# Model Ship



## densships (Feb 3, 2008)

Hello All,
I build ship models from scratch, the first tool I use is the scroll saw to cut out the frames for the hull. Here is a few photos of some of my ship models.
Thanks,
Den


----------



## curiousgeorge (Nov 6, 2006)

Welcome to the forums, Den. I tried my hand at ship modeling once but never attained your level. Beautiful ship! Where do you get the plans?


----------



## Dr.Zook (Sep 10, 2004)

Welcome to the Router Forums Den. Amazing work you are doing. Great photos.


----------



## challagan (Feb 7, 2006)

Simply amazing.

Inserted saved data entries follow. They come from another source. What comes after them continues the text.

-- ===== src/Fs/PathOps.antt =====
-- That the asynchronous and the synchronous function of the operations of `fs_req` agree, `readdir`
-- excepted.
use uvw.Prelude.{ℕ, List}
use uvw.Fs.{Libuv, Answer}
use uvw.Fs.Paths.{
  FsReq, unlink, mkdir, mkdtemp, mkstemp, lutime, rmdir, scandir, stat, lstat, statfs, unlink_sync,
  mkdir_sync, mkdtemp_sync, mkstemp_sync, lutime_sync, rmdir_sync, scandir_sync, stat_sync,
  lstat_sync, statfs_sync,
}
use uvw.Fs.Links.{
  rename, copyfile, access, chmod, utime, link, symlink, readlink, realpath, chown, lchown, opendir,
  rename_sync, copyfile_sync, access_sync, chmod_sync, utime_sync, link_sync, symlink_sync,
  readlink_sync, realpath_sync, chown_sync, lchown_sync, opendir_sync,
}
use uvw.Fs.Directory.{closedir, closedir_sync}

-- An operation of `fs_req` other than `readdir`, whose synchronous function tests its result otherwise.
pub data PathOp : Type 0 where
  op_unlink : (path : List ℕ) → PathOp
  op_mkdir : (path : List ℕ) → (mode : ℕ) → PathOp
  op_mkdtemp : (tpl : List ℕ) → PathOp
  op_mkstemp : (tpl : List ℕ) → PathOp
  op_lutime : (path : List ℕ) → (atime : ℕ) → (mtime : ℕ) → PathOp
  op_rmdir : (path : List ℕ) → PathOp
  op_scandir : (path : List ℕ) → (flags : ℕ) → PathOp
  op_stat : (path : List ℕ) → PathOp
  op_lstat : (path : List ℕ) → PathOp
  op_statfs : (path : List ℕ) → PathOp
  op_rename : (old : List ℕ) → (path : List ℕ) → PathOp
  op_copyfile : (old : List ℕ) → (path : List ℕ) → (flags : ℕ) → PathOp
  op_access : (path : List ℕ) → (mode : ℕ) → PathOp
  op_chmod : (path : List ℕ) → (mode : ℕ) → PathOp
  op_utime : (path : List ℕ) → (atime : ℕ) → (mtime : ℕ) → PathOp
  op_link : (old : List ℕ) → (path : List ℕ) → PathOp
  op_symlink : (old : List ℕ) → (path : List ℕ) → (flags : ℕ) → PathOp
  op_readlink : (path : List ℕ) → PathOp
  op_realpath : (path : List ℕ) → PathOp
  op_chown : (path : List ℕ) → (uid : ℕ) → (gid : ℕ) → PathOp
  op_lchown : (path : List ℕ) → (uid : ℕ) → (gid : ℕ) → PathOp
  op_opendir : (path : List ℕ) → PathOp
  op_closedir : PathOp

module _ (libuv : Libuv) where
  -- The asynchronous function, and the synchronous one.
  unfoldable pub start : PathOp → FsReq → FsReq
  unfolding unlink mkdir mkdtemp mkstemp lutime rmdir scandir stat lstat statfs rename copyfile
      access chmod utime link symlink readlink realpath chown lchown opendir closedir
  start (op_unlink path) r = unlink libuv path r
  start (op_mkdir path mode) r = mkdir libuv path mode r
  start (op_mkdtemp tpl) r = mkdtemp libuv tpl r
  start (op_mkstemp tpl) r = mkstemp libuv tpl r
  start (op_lutime path atime mtime) r = lutime libuv path atime mtime r
  start (op_rmdir path) r = rmdir libuv path r
  start (op_scandir path flags) r = scandir libuv path flags r
  start (op_stat path) r = stat libuv path r
  start (op_lstat path) r = lstat libuv path r
  start (op_statfs path) r = statfs libuv path r
  start (op_rename old path) r = rename libuv old path r
  start (op_copyfile old path flags) r = copyfile libuv old path flags r
  start (op_access path mode) r = access libuv path mode r
  start (op_chmod path mode) r = chmod libuv path mode r
  start (op_utime path atime mtime) r = utime libuv path atime mtime r
  start (op_link old path) r = link libuv old path r
  start (op_symlink old path flags) r = symlink libuv old path flags r
  start (op_readlink path) r = readlink libuv path r
  start (op_realpath path) r = realpath libuv path r
  start (op_chown path uid gid) r = chown libuv path uid gid r
  start (op_lchown path uid gid) r = lchown libuv path uid gid r
  start (op_opendir path) r = opendir libuv path r
  start op_closedir r = closedir libuv r

  unfoldable pub run_sync : PathOp → FsReq → Answer × FsReq
  unfolding unlink_sync mkdir_sync mkdtemp_sync mkstemp_sync lutime_sync rmdir_sync scandir_sync
      stat_sync lstat_sync statfs_sync rename_sync copyfile_sync access_sync chmod_sync utime_sync
      link_sync symlink_sync readlink_sync realpath_sync chown_sync lchown_sync opendir_sync
      closedir_sync
  run_sync (op_unlink path) r = unlink_sync libuv path r
  run_sync (op_mkdir path mode) r = mkdir_sync libuv path mode r
  run_sync (op_mkdtemp tpl) r = mkdtemp_sync libuv tpl r
  run_sync (op_mkstemp tpl) r = mkstemp_sync libuv tpl r
  run_sync (op_lutime path atime mtime) r = lutime_sync libuv path atime mtime r
  run_sync (op_rmdir path) r = rmdir_sync libuv path r
  run_sync (op_scandir path flags) r = scandir_sync libuv path flags r
  run_sync (op_stat path) r = stat_sync libuv path r
  run_sync (op_lstat path) r = lstat_sync libuv path r
  run_sync (op_statfs path) r = statfs_sync libuv path r
  run_sync (op_rename old path) r = rename_sync libuv old path r
  run_sync (op_copyfile old path flags) r = copyfile_sync libuv old path flags r
  run_sync (op_access path mode) r = access_sync libuv path mode r
  run_sync (op_chmod path mode) r = chmod_sync libuv path mode r
  run_sync (op_utime path atime mtime) r = utime_sync libuv path atime mtime r
  run_sync (op_link old path) r = link_sync libuv old path r
  run_sync (op_symlink old path flags) r = symlink_sync libuv old path flags r
  run_sync (op_readlink path) r = readlink_sync libuv path r
  run_sync (op_realpath path) r = realpath_sync libuv path r
  run_sync (op_chown path uid gid) r = chown_sync libuv path uid gid r
  run_sync (op_lchown path uid gid) r = lchown_sync libuv path uid gid r
  run_sync (op_opendir path) r = opendir_sync libuv path r
  run_sync op_closedir r = closedir_sync libuv r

That is cool and some fine fine work!

Corey


----------



## duckarrowtypes (Aug 28, 2007)

Very attractive. Did you gild with gold leaf or did you paint those features?


----------



## densships (Feb 3, 2008)

Hello All,
Thanks for the warm welcome, and for all the kind words. All the gild work on the British Ship (300 hours) worth is Testors gold model paint. On my current model I am going to use 23Kt Genuine German gold leaf, http://www.densmodelships.zoomshare.com/12.html 

Thanks,
Den


----------



## Glenmore (Sep 10, 2004)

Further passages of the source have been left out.